ASSIGNMENT – The number of lines containing "store" is the only answer wanted; work it out from the entries below.

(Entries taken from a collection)
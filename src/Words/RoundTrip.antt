-- ===== src/Words/RoundTrip.antt =====
-- Words written in double quotes, and what `getword` of pppd/options.c reads of them.
use ppp.Prelude.{
  ℕ, zero, suc, ◌+◌, ◌-◌, ◌<◌, ◌≤◌, ◌≡◌, refl, Bool, true, false, not, ◌&&◌, ◌||◌, Option, some,
  List, [], ◌∷◌, ◌++◌, length, length-append, append-nil, append_assoc, take, AllBytes, ◌==◌,
  if◌then◌else◌, arith, Bool-cases, inl, inr, ◌∙◌, ap,
}
use ppp.Words.Defs.{
  maxwordlen, newline, backslash, hash, double_quote, is_space, is_octal, skip, escaped_value, Scan,
  store, next, escaped_round, plain_round, round, scan, got, finish, getword,
}
use ppp.Words.Ends.{scan-next}

-- A word as it stands between double quotes: a quote and a backslash are escaped.
unfoldable pub body : List ℕ → List ℕ
body [] = []
body (b ∷ w) = if b == double_quote || (b == backslash) then backslash ∷ b ∷ body w else b ∷ body w

unfoldable pub quote : List ℕ → List ℕ
unfolding body
quote w = double_quote ∷ (body w ++ (double_quote ∷ []))

-- What may stand before a word: a white-space character, or a comment up to the end of its line.
pub data Piece : Type 0 where
  blank : ℕ → Piece
  comment : List ℕ → Piece

unfoldable pub no_newline : List ℕ → Bool
no_newline [] = true
no_newline (c ∷ cs) = not (c == newline) && no_newline cs

unfoldable pub is_gap : List Piece → Bool
is_gap [] = true
is_gap (blank c ∷ ps) = is_space c && is_gap ps
is_gap (comment cs ∷ ps) = no_newline cs && is_gap ps

unfoldable pub render : List Piece → List ℕ
render [] = []
render (blank c ∷ ps) = c ∷ render ps
render (comment cs ∷ ps) = hash ∷ (cs ++ (newline ∷ render ps))

unfoldable pub has_newline : List Piece → Bool
has_newline [] = false
has_newline (blank c ∷ ps) = (c == newline) || has_newline ps
has_newline (comment cs ∷ ps) = true

skip-comment :
    (n : Bool) (text cs : List ℕ)
    → no_newline text ≡ true
    → skip false true n (text ++ (newline ∷ cs)) ≡ skip false false true cs
unfolding skip no_newline
skip-comment n [] cs h = ground arith
skip-comment n (c ∷ text) cs h = ground (arith, skip-comment true text cs, skip-comment n text cs)

skip-gap :
    (n : Bool) (ps : List Piece) (cs : List ℕ)
    → is_gap ps ≡ true
    → skip false false n (render ps ++ (double_quote ∷ cs))
      ≡ record { escape = false; newlinep = n || has_newline ps; rest = double_quote ∷ cs }
unfolding skip is_gap render has_newline is_space
skip-gap n [] cs h = ground arith
skip-gap n (blank c ∷ ps) cs h = ground (arith, skip-gap true ps cs, skip-gap n ps cs)
skip-gap n (comment text ∷ ps) cs h = ground (
  arith,
  append_assoc text (newline ∷ render ps) (double_quote ∷ cs),
  skip-comment n text (render ps ++ (double_quote ∷ cs)),
  skip-gap true ps cs,
)

-- `k` more than the rounds that the body of a word takes.
rounds : ℕ → List ℕ → ℕ
rounds k [] = k
rounds k (b ∷ w) =
    if b == double_quote || (b == backslash) then suc (suc (rounds k w)) else suc (rounds k w)

rounds-length : (k : ℕ) (w : List ℕ) → rounds k w ≡ length (body w) + k
unfolding rounds body
rounds-length k [] = omega arith
rounds-length k (b ∷ w) = ground (arith, rounds-length k w)

abbrev inside : Bool → List ℕ → Scan
inside escape w = record { escape = escape; quoted = double_quote; word = w }

plain_byte :
    (g cs : List ℕ) (b : ℕ)
    → (b == double_quote || (b == backslash)) ≡ false
    → b < 256
    → length g < maxwordlen
    → round (inside false g) b cs ≡ next (inside false (g ++ (b ∷ []))) cs
unfolding round plain_round store
plain_byte g cs b e h k = ground arith

escaped_byte :
    (g cs : List ℕ) (b : ℕ)
    → (b == double_quote || (b == backslash)) ≡ true
    → length g < maxwordlen
    → round (inside true g) b cs ≡ next (inside false (g ++ (b ∷ []))) cs
unfolding round escaped_round escaped_value is_octal store
escaped_byte g cs b e k = ground arith

starts_escape : (g cs : List ℕ) → round (inside false g) backslash cs ≡ next (inside true g) cs
unfolding round plain_round
starts_escape g cs = refl

-- Inside the quotes the second loop gathers the word.
scan-body :
    (k : ℕ) (gathered w tail : List ℕ)
    → AllBytes w
    → length gathered + length w ≤ maxwordlen
    → scan
        (rounds k w)
        (record { escape = false; quoted = double_quote; word = gathered })
        (body w ++ tail)
      ≡ scan k (record { escape = false; quoted = double_quote; word = gathered ++ w }) tail
unfolding body rounds
scan-body k gathered [] tail all h = rw (append-nil gathered) refl
scan-body k gathered (b ∷ w) tail all h =
    let room : length (gathered ++ (b ∷ [])) + length w ≤ maxwordlen =
      omega (arith, length-append gathered (b ∷ [])) in
    let rest = scan-body k (gathered ++ (b ∷ [])) w tail all.1 room in
    let more = rest ∙ ap (λ v. scan k (inside false v) tail) (append_assoc gathered (b ∷ []) w) in
    elim (Bool-cases (b == double_quote || (b == backslash))) [
      | inl e ↦ rw e (
          scan-next (suc (rounds k w)) (inside false gathered) (inside true gathered) backslash
            (b ∷ (body w ++ tail)) (b ∷ (body w ++ tail))
            (starts_escape gathered (b ∷ (body w ++ tail)))
          ∙ scan-next (rounds k w) (inside true gathered) (inside false (gathered ++ (b ∷ []))) b
              (body w ++ tail) (body w ++ tail)
              (escaped_byte gathered (body w ++ tail) b e (omega arith))
          ∙ more)
      | inr e ↦ rw e (
          scan-next (rounds k w) (inside false gathered) (inside false (gathered ++ (b ∷ []))) b
            (body w ++ tail) (body w ++ tail)
            (plain_byte gathered (body w ++ tail) b e all.0 (omega arith))
          ∙ more)
    ]

-- The character behind a word ends it.
scan-stop :
    (k c : ℕ) (w cs : List ℕ)
    → is_space c || (c == hash) ≡ true
    → scan (suc (suc k)) (inside false w) (double_quote ∷ c ∷ cs)
      ≡ some (record { escape = false; quoted = 0; word = w }, c ∷ cs)
unfolding scan round plain_round is_space
scan-stop k c w cs h = ground arith

-- The closing quote is the last thing in the file.
scan-last :
    (k : ℕ) (w : List ℕ)
    → scan (suc k) (inside false w) (double_quote ∷ [])
      ≡ some (record { escape = false; quoted = 0; word = w }, [])
unfolding scan round plain_round
scan-last k w = refl

take-all : (n : ℕ) (w : List ℕ) → length w ≤ n → take n w ≡ w
take-all zero [] h = refl
take-all zero (b ∷ w) h = absurd (omega arith)
take-all (suc n) [] h = refl
take-all (suc n) (b ∷ w) h = ap (λ v. b ∷ v) (take-all n w (omega arith))

abbrev fresh : Scan
fresh = record { escape = false; quoted = 0; word = [] }

-- The second loop on a word in quotes.
scan-quote :
    (k : ℕ) (w tail : List ℕ) (r : Option (Scan × List ℕ))
    → AllBytes w
    → length w < maxwordlen
    → scan k (inside false w) (double_quote ∷ tail) ≡ r
    → scan (suc (rounds k w)) fresh (double_quote ∷ (body w ++ (double_quote ∷ tail))) ≡ r
unfolding round plain_round
scan-quote k w tail r all h e =
    scan-next (rounds k w) fresh (inside false []) double_quote (body w ++ (double_quote ∷ tail))
      (body w ++ (double_quote ∷ tail)) refl
    ∙ scan-body k [] w (double_quote ∷ tail) all (omega arith)
    ∙ e

-- `getword` up to its two loops.
getword-loops :
    (ps : List Piece) (cs : List ℕ) (fuel : ℕ) (r : Scan × List ℕ)
    → is_gap ps ≡ true
    → length (render ps ++ (double_quote ∷ cs)) ≡ fuel
    → scan fuel fresh (double_quote ∷ cs) ≡ some r
    → getword (render ps ++ (double_quote ∷ cs)) ≡ some (finish (has_newline ps) r)
unfolding getword
getword-loops ps cs fuel r g n e = rw (skip-gap false ps cs g, n, e) refl

quote-append :
    (w tail : List ℕ) → quote w ++ tail ≡ double_quote ∷ (body w ++ (double_quote ∷ tail))
unfolding quote
quote-append w tail = ap (λ v. double_quote ∷ v) (append_assoc (body w) (double_quote ∷ []) tail)

file-length :
    (g w tail : List ℕ)
    → length (g ++ (double_quote ∷ (body w ++ (double_quote ∷ tail))))
      ≡ suc (rounds (suc (length g + length tail)) w)
file-length g w tail = omega (
  arith,
  length-append g (double_quote ∷ (body w ++ (double_quote ∷ tail))),
  length-append (body w) (double_quote ∷ tail),
  rounds-length (suc (length g + length tail)) w,
)

-- Whatever white space and comments stand before it, a word written in quotes is read back, with
-- the flag of a new line and with what is behind it left to read: the word has less than
-- `MAXWORDLEN` bytes, and white space or a comment is behind it.
pub getword-quote :
    (ps : List Piece) (w : List ℕ) (c : ℕ) (cs : List ℕ)
    → is_gap ps ≡ true
    → AllBytes w
    → length w < maxwordlen
    → is_space c || (c == hash) ≡ true
    → getword (render ps ++ (quote w ++ (c ∷ cs))) ≡ some (got w (has_newline ps) (c ∷ cs))
unfolding finish
getword-quote ps w c cs g all h e =
    let tail = c ∷ cs in
    let k = length (render ps) + length cs in
    let loops =
      scan-quote (suc (suc k)) w tail (some (record { escape = false; quoted = 0; word = w }, tail))
        all h (scan-stop k c w cs e) in
    rw (quote-append w tail) (
      getword-loops ps (body w ++ (double_quote ∷ tail)) (suc (rounds (suc (suc k)) w))
        (record { escape = false; quoted = 0; word = w }, tail) g
        (omega (
          arith,
          file-length (render ps) w tail,
          rounds-length (suc (suc k)) w,
          rounds-length (suc (length (render ps) + length tail)) w,
        ))
        loops
      ∙ ap (λ v. some (got v (has_newline ps) tail)) (take-all (maxwordlen - 1) w (omega arith)))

EXERCISE SOLUTION – 3